We should be concentrating on improving the lot of those of us who still go to bed hungry, and who don’t have all the wonderful things we take for granted. In fact, shame on AGW advocates for taking attention away from that effort. We should be building power plants and infrastructure in the developing world, not trying to figure out how to make our power plants more expensive.
This GW debate rages in the absence of any real knowledge on the subject. If we had the answers to the important questions, there would be far less mind-numbing discussion.
Thomas

Zoon
May 19, 2010 8:40 pm
old construction worker
May 19, 2010 8:57 pm

Shearer says:
May 19, 2010 at 8:09 pm
‘Faux Dr. Karl ought to start that trend from Roman warming period..’
And we have been treading down hill since then. I feel a big chill coming.

DCC
May 19, 2010 9:10 pm

Oh dear, that’s distressing. I would never have imagined that CLIMATE SCIENTISTS did such sloppy work.

Larry Huldén
May 19, 2010 9:24 pm

Mike said: ” …. But do notice all the slopes are up. The world is warming.”
But, do notice that all “corrections” also go up. The upgoing temps and CO2 do not correlate.

Bill Illis
May 19, 2010 9:26 pm

The new version 3 will have whatever trend Karl and Peterson want it to have.
If they want it to be 0.91C per century, it will be.
To meet the 3.25C by 2100 projection, the warming rate has to more than double to 2.4C per century in the remaining 90 years so they have to start making those “adjustments” now. [Including oceans it will have to be even higher].
The final Version 43 adjustments to be made in 2094 will get them up to the trend unless someone stops these two starting now.

Jack Simmons
May 19, 2010 9:28 pm

Mike says:
May 19, 2010 at 7:45 pm

Linear regressions are done on the data, not by putting a ruler on a crude graph from a power point slide. But do notice all the slopes are up. The world is warming.
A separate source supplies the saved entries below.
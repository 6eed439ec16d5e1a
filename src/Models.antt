-- ===== src/Models.antt =====
-- models.rs: the data of the program.
pub mod Hardware
pub mod Network
pub mod Snmp
pub mod SwitchConfig
pub mod State
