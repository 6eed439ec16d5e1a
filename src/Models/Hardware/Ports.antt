-- ===== src/Models/Hardware/Ports.antt =====
-- models.rs: the capabilities of each port of a switch model.
use switch_configurator.Prelude.{
  ℕ, zero, suc, ◌≡◌, refl, Bool, true, false, ◌&&◌, ◌||◌, Option, none, some, List, [], ◌∷◌, Text,
  contains, codes, map, filter, filter_map, leb, nat_beq, if◌then◌else◌, is_some,
}
use switch_configurator.Prelude.Str.{split, trim_start_matches}
use switch_configurator.Prelude.Decimal.{parse_u16, parse_unsigned, to_string}
use switch_configurator.Models.Hardware.{
  aruba, fortiswitch, cisco, SwitchModel, aruba2530_24g_poe, aruba2530_8g_poe, aruba2530_48g_2sfp,
  aruba2540_24g, aruba2540_48g_4sfp, aruba2930f, fortiswitch124f_fpoe, cisco_catalyst9300_24p_upoe,
  SpeedDuplex, thousand_full, ten_g_full, vendor, gigabit_speeds, total_ports, speed_duplex_eq,
}

pub data PortType : Type 0 where
  copper sfp sfp_plus qsfp_plus qsfp28 : PortType

pub data PoeStandard : Type 0 where
  poe poe_plus poe_plus_plus poe_plus_plus_plus : PoeStandard

unfoldable pub max_watts : PoeStandard → ℕ
max_watts poe = 15
max_watts poe_plus = 30
max_watts poe_plus_plus = 60
max_watts poe_plus_plus_plus = 90

pub record PortCapabilities : Type 0 where
  pub port_type : PortType
  pub poe_support : Option PoeStandard
  pub supported_speeds : List SpeedDuplex
  pub max_speed_gbps : ℕ
  pub is_uplink : Bool
  pub port_number : ℕ

unfoldable pub standard_1g_copper : ℕ → PortCapabilities
standard_1g_copper port_num = record {
  port_type = copper;
  poe_support = none;
  supported_speeds = gigabit_speeds;
  max_speed_gbps = 1;
  is_uplink = false;
  port_number = port_num;
}

unfoldable pub poe_plus_1g_copper : ℕ → PortCapabilities
unfolding standard_1g_copper
poe_plus_1g_copper port_num = record (standard_1g_copper port_num) { poe_support = some poe_plus }

unfoldable pub sfp_plus_10g_uplink : ℕ → PortCapabilities
sfp_plus_10g_uplink port_num = record {
  port_type = sfp_plus;
  poe_support = none;
  supported_speeds = thousand_full ∷ ten_g_full ∷ [];
  max_speed_gbps = 10;
  is_uplink = true;
  port_number = port_num;
}

-- `PortCapabilities::supports_poe`
unfoldable pub has_poe : PortCapabilities → Bool
has_poe cap = is_some cap.poe_support

unfoldable pub max_poe_watts : PortCapabilities → ℕ
unfolding max_watts
max_poe_watts cap = elim cap.poe_support [ none ↦ 0 | some std ↦ max_watts std ]

-- the last of the parts that `split` gives
last_part : List Text → Text
last_part [] = []
last_part (s ∷ []) = s
last_part (s ∷ t ∷ ts) = last_part (t ∷ ts)

unfoldable pub parse_port_number : SwitchModel → Text → Option ℕ
unfolding last_part split trim_start_matches parse_unsigned vendor
parse_port_number m port_id = elim (vendor m) [
  | aruba ↦ parse_u16 port_id
  | cisco ↦ parse_u16 (last_part (split b'/' port_id))
  | fortiswitch ↦ parse_u16 (trim_start_matches (codes "port") port_id)
]

abbrev between : ℕ → ℕ → ℕ → Bool
between lo hi n = leb lo n && leb n hi

-- `port_capabilities` behind `parse_port_number`
unfoldable pub numbered_port_capabilities : SwitchModel → ℕ → Option PortCapabilities
unfolding standard_1g_copper poe_plus_1g_copper sfp_plus_10g_uplink
numbered_port_capabilities aruba2530_24g_poe n =
    if between 1 24 n
    then some (poe_plus_1g_copper n)
    else if between 25 26 n
    then some (record {
      port_type = sfp;
      poe_support = none;
      supported_speeds = thousand_full ∷ [];
      max_speed_gbps = 1;
      is_uplink = true;
      port_number = n;
    })
    else none
numbered_port_capabilities aruba2530_8g_poe n =
    if between 1 8 n
    then some (
        if nat_beq n 1 || nat_beq n 3 || nat_beq n 5 || nat_beq n 7
        then poe_plus_1g_copper n
        else standard_1g_copper n)
    else none
numbered_port_capabilities aruba2530_48g_2sfp n =
    if between 1 48 n
    then some (standard_1g_copper n)
    else if between 49 50 n
    then some (sfp_plus_10g_uplink n)
    else none
numbered_port_capabilities aruba2540_24g n =
    if between 1 24 n
    then some (standard_1g_copper n)
    else if between 25 28 n
    then some (sfp_plus_10g_uplink n)
    else none
numbered_port_capabilities aruba2540_48g_4sfp n =
    if between 1 48 n
    then some (standard_1g_copper n)
    else if between 49 52 n
    then some (sfp_plus_10g_uplink n)
    else none
numbered_port_capabilities aruba2930f n =
    if between 1 48 n
    then some (poe_plus_1g_copper n)
    else if between 49 52 n
    then some (sfp_plus_10g_uplink n)
    else none
numbered_port_capabilities fortiswitch124f_fpoe n =
    if between 1 24 n
    then some (poe_plus_1g_copper n)
    else if between 25 28 n
    then some (sfp_plus_10g_uplink n)
    else none
numbered_port_capabilities cisco_catalyst9300_24p_upoe n =
    if between 1 24 n
    then some (record {
      port_type = copper;
      poe_support = some poe_plus_plus;
      supported_speeds = gigabit_speeds;
      max_speed_gbps = 1;
      is_uplink = false;
      port_number = n;
    })
    else none

unfoldable pub port_capabilities : SwitchModel → Text → Option PortCapabilities
unfolding parse_port_number numbered_port_capabilities
port_capabilities m port_id = elim (parse_port_number m port_id) [
  | none ↦ none
  | some n ↦ numbered_port_capabilities m n
]

unfoldable pub port_supports_poe : SwitchModel → Text → Bool
unfolding port_capabilities has_poe
port_supports_poe m port_id = elim (port_capabilities m port_id) [
  | none ↦ false
  | some cap ↦ has_poe cap
]

-- the numbers from `from`, as many as the second argument says
unfoldable pub range_from : ℕ → ℕ → List ℕ
range_from from zero = []
range_from from (suc k) = from ∷ range_from (suc from) k

unfoldable pub all_port_capabilities : SwitchModel → List PortCapabilities
unfolding port_capabilities total_ports to_string range_from filter_map
all_port_capabilities m =
    filter_map (λ n. port_capabilities m (to_string n)) (range_from 1 (total_ports m))

unfoldable pub poe_capable_ports : SwitchModel → List ℕ
unfolding all_port_capabilities filter has_poe
poe_capable_ports m = map (λ cap. cap.port_number) (filter has_poe (all_port_capabilities m))

pub data SpeedError : Type 0 where
  invalid_port : Text → SpeedError
  unsupported_speed : Text → SpeedDuplex → List SpeedDuplex → SpeedError

-- `none` is `Ok(())`.
unfoldable pub validate_port_speed : SwitchModel → Text → SpeedDuplex → Option SpeedError
unfolding port_capabilities
validate_port_speed m port_id speed = elim (port_capabilities m port_id) [
  | none ↦ some (invalid_port port_id)
  | some cap ↦
      if contains cap.supported_speeds speed
      then none
      else some (unsupported_speed port_id speed cap.supported_speeds)
]

poe_test : poe_capable_ports aruba2530_8g_poe ≡ 1 ∷ 3 ∷ 5 ∷ 7 ∷ []
unfolding poe_capable_ports
poe_test = refl

cisco_test : parse_port_number cisco_catalyst9300_24p_upoe (codes "GigabitEthernet1/0/24") ≡ some 24
unfolding parse_port_number
cisco_test = refl

fortiswitch_test : parse_port_number fortiswitch124f_fpoe (codes "port24") ≡ some 24
unfolding parse_port_number
fortiswitch_test = refl
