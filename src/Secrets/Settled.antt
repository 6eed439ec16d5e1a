-- ===== src/Secrets/Settled.antt =====
-- Resolved secrets.
use switch_configurator.Prelude.{
  ℕ, suc, ◌≡◌, refl, subst, true, false, ◌||◌, Option, none, some, List, [], ◌∷◌, ◌++◌, Text, codes,
  text_eq, nat_beq, is_empty, any, contains, arith, ==_iff, inl, inr, ◌⊎◌,
}
use switch_configurator.Prelude.Str.{is_control}
use switch_configurator.Prelude.Decimal.{to_string}
use switch_configurator.Models.Snmp.{SnmpCommunity, SnmpReadsMode}
use switch_configurator.Config.Result.{ok, ◌>>=◌, >>=-eq_ok, ok_inj}
use switch_configurator.Secrets.{
  Files, SecretContext, validate_value, join, read_secret_file, read_credential, secret_of,
  register_secret, use_secret, resolve_community, resolve_list, resolve_own,
}

-- a value that can stand on a command line
abbrev pub IsUsable : Text → Type 0
IsUsable s = (is_empty s ≡ false) × (any (λ c. nat_beq c b'"' || is_control c) s ≡ false)

validate_value-IsUsable :
    (raw label : Text) {v : Text} → validate_value raw label ≡ ok v → IsUsable v
unfolding validate_value
validate_value-IsUsable raw label h = (ground arith, ground arith)

module _ (files : Files) (ctx : SecretContext) where
  file-IsUsable :
      (path label : Text) {v : Text} → read_secret_file files path label ≡ ok v → IsUsable v
  unfolding read_secret_file
  file-IsUsable path label {v} h = go (files path) refl
    where
      go : (o : Option Text) → files path ≡ o → IsUsable v
      go none e = ground (arith, e)
      go (some raw) e = validate_value-IsUsable raw label (ground (arith, e))

  credential-IsUsable :
      (id label : Text) {v : Text} → read_credential files ctx id label ≡ ok v → IsUsable v
  unfolding read_credential
  credential-IsUsable id label {v} h = go ctx.credentials_dir refl
    where
      go : (o : Option Text) → ctx.credentials_dir ≡ o → IsUsable v
      go none e = ground (arith, e)
      go (some dir) e = file-IsUsable (join dir id) label (ground (arith, e))

  secret_of-IsUsable :
      (label : Text) (file credential : Option Text) {v : Text}
      → secret_of files ctx label file credential ≡ ok (some v)
      → IsUsable v
  unfolding secret_of
  secret_of-IsUsable label (some path) credential h =
      let (v, hv, h') = >>=-eq_ok (read_secret_file files path label) (λ v. ok (some v)) h in
      subst IsUsable (ground (arith, h')) (file-IsUsable path label hv)
  secret_of-IsUsable label none (some id) h =
      let (v, hv, h') = >>=-eq_ok (read_credential files ctx id label) (λ v. ok (some v)) h in
      subst IsUsable (ground (arith, h')) (credential-IsUsable id label hv)
  secret_of-IsUsable label none none h = ground arith

  -- A community whose reference, if it has one, is read and stands in the registry.
  abbrev pub Settled : List Text → Text → SnmpCommunity → Type 0
  Settled registry label c =
      (secret_of files ctx label c.name_file c.name_credential ≡ ok none)
      ⊎ ((secret_of files ctx label c.name_file c.name_credential ≡ ok (some c.name))
          × (contains registry c.name ≡ true)
          × IsUsable c.name)

  settled_again :
      (registry : List Text) (label : Text) (c : SnmpCommunity)
      → Settled registry label c
      → resolve_community files ctx label c registry ≡ ok (c, registry)
  unfolding resolve_community use_secret register_secret
  settled_again registry label c (inl h) = rw h refl
  settled_again registry label c (inr (h, k, u)) = rw h (ground (arith, ==_iff c.name c.name))

  -- no value leaves the registry
  abbrev pub Grows : List Text → List Text → Type 0
  Grows old new = (v : Text) → contains old v ≡ true → contains new v ≡ true

  settled_grows :
      (old new : List Text) (label : Text) (c : SnmpCommunity)
      → Grows old new
      → Settled old label c
      → Settled new label c
  settled_grows old new label c g (inl h) = inl h
  settled_grows old new label c g (inr (h, k, u)) = inr (h, g c.name k, u)

  resolve_community-Settled :
      (label : Text) (c : SnmpCommunity) (registry : List Text) {x : SnmpCommunity × List Text}
      → resolve_community files ctx label c registry ≡ ok x
      → Settled x.1 label x.0 × Grows registry x.1
  unfolding resolve_community use_secret register_secret contains
  resolve_community-Settled label c registry {x} h =
      let (o, ho, h') =
        >>=-eq_ok (secret_of files ctx label c.name_file c.name_credential)
          (use_secret label c registry) h in
      go o ho h'
    where
      go :
          (o : Option Text)
          → secret_of files ctx label c.name_file c.name_credential ≡ ok o
          → use_secret label c registry o ≡ ok x
          → Settled x.1 label x.0 × Grows registry x.1
      go none ho h =
          subst (λ (x : SnmpCommunity × List Text). Settled x.1 label x.0 × Grows registry x.1)
            (ok_inj h) (inl ho, λ v k. k)
      go (some value) ho h =
          let usable = secret_of-IsUsable label c.name_file c.name_credential ho in
          subst (λ (x : SnmpCommunity × List Text). Settled x.1 label x.0 × Grows registry x.1)
            {x = (record c { name = value }, register_secret value registry)} {y = x} (ground arith)
            (inr (ho, ground (arith, ==_iff value value, usable.0), usable), λ v k. ground arith)

  abbrev pub SettledList : List Text → ℕ → List SnmpCommunity → Type 0
  SettledList registry i [] = Unit
  SettledList registry i (c ∷ cs) =
      Settled registry (codes "SNMP community #" ++ to_string i) c × SettledList registry (suc i) cs

  pub list_again :
      (registry : List Text) (i : ℕ) (cs : List SnmpCommunity)
      → SettledList registry i cs
      → resolve_list files ctx i cs registry ≡ ok (cs, registry)
  unfolding resolve_list
  list_again registry i [] h = refl
  list_again registry i (c ∷ cs) (hc, h) =
      rw
        (
          settled_again registry (codes "SNMP community #" ++ to_string i) c hc,
          list_again registry (suc i) cs h,
        )
        refl

  pub list-Grows :
      (old new : List Text) (i : ℕ) (cs : List SnmpCommunity)
      → Grows old new
      → SettledList old i cs
      → SettledList new i cs
  list-Grows old new i [] g h = tt
  list-Grows old new i (c ∷ cs) g (hc, h) = (
    settled_grows old new (codes "SNMP community #" ++ to_string i) c g hc,
    list-Grows old new (suc i) cs g h,
  )

  pub resolve_list-Settled :
      (i : ℕ) (cs : List SnmpCommunity) (registry : List Text) {x : List SnmpCommunity × List Text}
      → resolve_list files ctx i cs registry ≡ ok x
      → SettledList x.1 i x.0 × Grows registry x.1
  unfolding resolve_list
  resolve_list-Settled i [] registry h =
      subst (λ (x : List SnmpCommunity × List Text). SettledList x.1 i x.0 × Grows registry x.1)
        (ok_inj h) (tt, λ v k. k)
  resolve_list-Settled i (c ∷ cs) registry h =
      let label = codes "SNMP community #" ++ to_string i in
      let (first, hf, h₁) =
        >>=-eq_ok (resolve_community files ctx label c registry)
          (λ first.
            resolve_list files ctx (suc i) cs first.1 >>= λ rest. ok (first.0 ∷ rest.0, rest.1))
          h in
      let (rest, hr, h₂) =
        >>=-eq_ok (resolve_list files ctx (suc i) cs first.1)
          (λ rest. ok (first.0 ∷ rest.0, rest.1)) h₁ in
      let (settled, grows) = resolve_community-Settled label c registry hf in
      let (settled', grows') = resolve_list-Settled (suc i) cs first.1 hr in
      subst (λ (x : List SnmpCommunity × List Text). SettledList x.1 i x.0 × Grows registry x.1)
        (ok_inj h₂)
        (
          (settled_grows first.1 rest.1 label first.0 grows' settled, settled'),
          λ v k. grows' v (grows v k),
        )

  abbrev pub SettledOwn : List Text → SnmpReadsMode → Option SnmpCommunity → Type 0
  SettledOwn registry SnmpReadsMode.auto (some c) =
      Settled registry (codes "snmp.reads.community") c
  SettledOwn registry _ _ = Unit

  pub own_again :
      (registry : List Text) (mode : SnmpReadsMode) (o : Option SnmpCommunity)
      → SettledOwn registry mode o
      → resolve_own files ctx mode o registry ≡ ok (o, registry)
  unfolding resolve_own
  own_again registry SnmpReadsMode.auto none h = refl
  own_again registry SnmpReadsMode.off none h = refl
  own_again registry SnmpReadsMode.off (some c) h = refl
  own_again registry SnmpReadsMode.auto (some c) h =
      rw (settled_again registry (codes "snmp.reads.community") c h) refl

  pub resolve_own-Settled :
      (mode : SnmpReadsMode) (o : Option SnmpCommunity) (registry : List Text)
      {x : Option SnmpCommunity × List Text}
      → resolve_own files ctx mode o registry ≡ ok x
      → SettledOwn x.1 mode x.0 × Grows registry x.1
  unfolding resolve_own
  resolve_own-Settled SnmpReadsMode.auto none registry h =
      subst
        (λ (x : Option SnmpCommunity × List Text).
          SettledOwn x.1 SnmpReadsMode.auto x.0 × Grows registry x.1)
        (ok_inj h) (tt, λ v k. k)
  resolve_own-Settled SnmpReadsMode.off none registry h =
      subst
        (λ (x : Option SnmpCommunity × List Text).
          SettledOwn x.1 SnmpReadsMode.off x.0 × Grows registry x.1)
        (ok_inj h) (tt, λ v k. k)
  resolve_own-Settled SnmpReadsMode.off (some c) registry h =
      subst
        (λ (x : Option SnmpCommunity × List Text).
          SettledOwn x.1 SnmpReadsMode.off x.0 × Grows registry x.1)
        (ok_inj h) (tt, λ v k. k)
  resolve_own-Settled SnmpReadsMode.auto (some c) registry h =
      let label = codes "snmp.reads.community" in
      let (y, hy, h') =
        >>=-eq_ok (resolve_community files ctx label c registry) (λ y. ok (some y.0, y.1)) h in
      subst
        (λ (x : Option SnmpCommunity × List Text).
          SettledOwn x.1 SnmpReadsMode.auto x.0 × Grows registry x.1)
        (ok_inj h') (resolve_community-Settled label c registry hy)
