-- ===== src/Secrets/Again.antt =====
-- Resolving the secrets of an SNMP configuration a second time.
use switch_configurator.Prelude.{◌≡◌, refl, subst, Option, none, some, List, Text, text_eq}
use switch_configurator.Models.Snmp.{SnmpConfig, SnmpReads}
use switch_configurator.Config.Result.{ok, ◌>>=◌, >>=-eq_ok, ok_inj}
use switch_configurator.Secrets.{
  Files, SecretContext, resolve_list, resolve_own, resolve_reads, resolve_snmp,
}
use switch_configurator.Secrets.Settled.{
  SettledList, SettledOwn, Grows, list_again, list-Grows, resolve_list-Settled, own_again,
  resolve_own-Settled,
}

module _ (files : Files) (ctx : SecretContext) where
  abbrev pub SettledReads : List Text → Option SnmpReads → Type 0
  SettledReads registry none = Unit
  SettledReads registry (some r) = SettledOwn files ctx registry r.mode r.community

  reads_again :
      (registry : List Text) (o : Option SnmpReads)
      → SettledReads registry o
      → resolve_reads files ctx o registry ≡ ok (o, registry)
  unfolding resolve_reads
  reads_again registry none h = refl
  reads_again registry (some r) h = rw (own_again files ctx registry r.mode r.community h) refl

  resolve_reads-Settled :
      (o : Option SnmpReads) (registry : List Text) {x : Option SnmpReads × List Text}
      → resolve_reads files ctx o registry ≡ ok x
      → SettledReads x.1 x.0 × Grows files ctx registry x.1
  unfolding resolve_reads
  resolve_reads-Settled none registry h =
      subst
        (λ (x : Option SnmpReads × List Text). SettledReads x.1 x.0 × Grows files ctx registry x.1)
        (ok_inj h) (tt, λ v k. k)
  resolve_reads-Settled (some r) registry h =
      let (y, hy, h') =
        >>=-eq_ok (resolve_own files ctx r.mode r.community registry)
          (λ y. ok (some (record r { community = y.0 }), y.1)) h in
      subst
        (λ (x : Option SnmpReads × List Text). SettledReads x.1 x.0 × Grows files ctx registry x.1)
        (ok_inj h') (resolve_own-Settled files ctx r.mode r.community registry hy)

  -- What the code makes of an SNMP configuration: each of its communities that has a reference, and the
  -- service's own where reads are on, has the value that is read for it, which is not empty, has no quote and no control character, and stands in the
  -- registry of the values to mask; and no value has left the registry.
  pub resolve_snmp-Settled :
      (snmp : SnmpConfig) (registry : List Text) {x : SnmpConfig × List Text}
      → resolve_snmp files ctx snmp registry ≡ ok x
      → SettledList files ctx x.1 1 x.0.communities
        × SettledReads x.1 x.0.reads
        × Grows files ctx registry x.1
  unfolding resolve_snmp
  resolve_snmp-Settled snmp registry h =
      let (cs, hc, h₁) =
        >>=-eq_ok (resolve_list files ctx 1 snmp.communities registry)
          (λ cs. resolve_reads files ctx snmp.reads cs.1 >>= λ r.
            ok (record snmp { communities = cs.0; reads = r.0 }, r.1))
          h in
      let (r, hr, h₂) =
        >>=-eq_ok (resolve_reads files ctx snmp.reads cs.1)
          (λ r. ok (record snmp { communities = cs.0; reads = r.0 }, r.1)) h₁ in
      let (settled, grows) = resolve_list-Settled files ctx 1 snmp.communities registry hc in
      let (settled', grows') = resolve_reads-Settled snmp.reads cs.1 hr in
      subst
        (λ (x : SnmpConfig × List Text).
          SettledList files ctx x.1 1 x.0.communities
          × SettledReads x.1 x.0.reads
          × Grows files ctx registry x.1)
        (ok_inj h₂)
        (list-Grows files ctx cs.1 r.1 1 cs.0 grows' settled, settled', λ v k. grows' v (grows v k))

  -- Resolving the secrets of an SNMP configuration is idempotent: if it succeeds, then its result, with the
  -- same files and context and the registry that it left, is resolved to itself and registers nothing new.
  pub resolve_snmp_idempotent :
      (snmp : SnmpConfig) (registry : List Text) {x : SnmpConfig × List Text}
      → resolve_snmp files ctx snmp registry ≡ ok x
      → resolve_snmp files ctx x.0 x.1 ≡ ok x
  unfolding resolve_snmp
  resolve_snmp_idempotent snmp registry {x} h =
      let (settled, settled', _) = resolve_snmp-Settled snmp registry h in
      rw (list_again files ctx x.1 1 x.0.communities settled, reads_again x.1 x.0.reads settled')
        refl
At the rate of 1.0 C per century? So what.

Jack Simmons
May 19, 2010 9:31 pm

Sea level data for 2010 now available at http://sealevel.colorado.edu/results.php.
Talked with one of the guys there a couple of weeks ago asking when 2010 would be included in charts and data. He said it was on its way.
He was right.
Nice guy.

wayne
May 19, 2010 9:34 pm

Mike says:
May 19, 2010 at 7:45 pm
Linear regressions are done on the data, not by putting a ruler on a crude graph from a power point slide. But do notice all the slopes are up. The world is warming.
Please at least be a little scientific when here if you are capable. Linear regressions describe what data has done, or are you an insistent extrapolator. The proper way to term it is: the world has warmed during the last century, not the world is warming.

Mike G
May 19, 2010 9:36 pm

Now would be a good time to link to the various blink comparisons showing the first half of the 20th century before they removed its inconvenient warmth, for Mike’s benefit. Evidently, Karl, Hansen, and others think the greatest generation was too stupid to read a thermometer. Of course, Hansen’s generation never figured it out either as evidenced by the periodic adjustments upward of post-1980 temperatures.

Mike G
May 19, 2010 9:41 pm

Larry Huldén says:
May 19, 2010 at 9:24 pm
Mike said: ” …. But do notice all the slopes are up. The world is warming.”
But, do notice that all “corrections” also go up. The upgoing temps and CO2 do not correlate.
Not true. All the corrections for the first half of the 20th century were down.

Dave N
May 19, 2010 9:43 pm

It’s the Karl Urban heat island effect:
http://www.imdb.com/title/tt0419706/

jorgekafkazar
May 19, 2010 9:53 pm

I noted the oddness of two virtually identical plots giving different slopes, but figured, what the hell, that’s close enough for climatology. It’s a good day for them if they manage to get the decimal in the right place.

DRE
May 19, 2010 9:56 pm

It they will lie about something so easily refuted what else would they lie about? Certainly not about lost, manipulated temperature data.